• What the exercise asks
Out of the entries that follow, copy each line containing "Passwords".

(Stored data entries)

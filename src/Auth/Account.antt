-- ===== src/Auth/Account.antt =====
-- The account of a user and its lockout (app/models/user.py), and the audit log
-- (app/models/audit.py). Times are in microseconds.
use frass_f.Base.{
  ℕ, suc, ◌+◌, ◌*◌, Bool, true, false, Option, none, some, List, Text, Table, text_eq, leb, ltb,
  if◌then◌else◌,
}

-- A hash is a text of the password library.
pub record User : Type 0 where
  pub username : Text
  pub email : Option Text
  pub password_hash : Text
  pub role : Text
  pub is_active : Bool
  pub mfa_enabled : Bool
  pub mfa_secret : Option Text
  pub failed_login_attempts : ℕ
  pub locked_until : Option ℕ
  pub student_id : Option ℕ

pub record AuditLog : Type 0 where
  pub user_id : Option ℕ
  pub action : Text
  pub entity_type : Text
  pub entity_id : Option ℕ
  pub details : Option Text
  pub ip_address : Text
  pub created_at : ℕ

-- What argon2's `verify` comes to: `True`, `VerifyMismatchError`, `InvalidHashError`, another raise.
pub data Verdict : Type 0 where
  matches mismatch invalid_hash raises : Verdict

-- The password libraries. `salt` stands for the randomness of a hash; werkzeug's check is `none`
-- where it raises.
pub record Passwords : Type 0 where
  pub has_argon2 : Bool
  pub argon2_hash : ℕ → Text → Text
  pub argon2_verify : Text → Text → Verdict
  pub generate_password_hash : ℕ → Text → Text
  pub check_password_hash : Text → Text → Option Bool

module _ (P : Passwords) where
  open P use {has_argon2, argon2_hash, argon2_verify, generate_password_hash, check_password_hash}

  -- `set_password`
  unfoldable pub set_password : ℕ → Text → User → User
  set_password salt password u = record u {
    password_hash =
        if has_argon2 then argon2_hash salt password else generate_password_hash salt password;
  }

  abbrev or_false : Option Bool → Bool
  or_false none = false
  or_false (some b) = b

  abbrev by_werkzeug : Text → Text → Option Bool
  by_werkzeug hash password = some (or_false (check_password_hash hash password))

  abbrev after_argon2 : Verdict → Text → Text → Option Bool
  after_argon2 matches hash password = some true
  after_argon2 mismatch hash password = some false
  after_argon2 invalid_hash hash password = by_werkzeug hash password
  after_argon2 raises hash password = none

  -- `check_password`; `none`: it raises.
  unfoldable pub check_password : Text → User → Option Bool
  check_password password u =
      if has_argon2
      then after_argon2 (argon2_verify u.password_hash password) u.password_hash password
      else by_werkzeug u.password_hash password

abbrev pub seconds : ℕ → ℕ
seconds n = n * 1000000

abbrev pub unlocked : User → User
unlocked u = record u { failed_login_attempts = 0; locked_until = none }

-- `is_locked`, with the user that it leaves in the session.
unfoldable pub is_locked : ℕ → User → Bool × User
is_locked now u = elim u.locked_until [
  | none ↦ (false, u)
  | some t ↦ (if ltb now t then (true, u) else (false, unlocked u))
]

-- `record_failed_login`, with its default of 5 attempts and 300 seconds.
unfoldable pub record_failed_login : ℕ → User → User
record_failed_login now u =
    let attempts = suc u.failed_login_attempts in
    if leb 5 attempts
    then record u { failed_login_attempts = attempts; locked_until = some (now + seconds 300) }
    else record u { failed_login_attempts = attempts }

-- `record_successful_login`
unfoldable pub record_successful_login : User → User
record_successful_login u = unlocked u

-- `User.query.filter_by(username=username)`
abbrev pub is_named : Text → User → Bool
is_named name u = text_eq u.username name

-- The tables, and the world of the Redis server.
pub record Accounts (W : Type 0) : Type 0 where
  pub users : Table User
  pub audit : List AuditLog
  pub redis : W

• Expected output
pub record Passwords : Type 0 where
module _ (P : Passwords) where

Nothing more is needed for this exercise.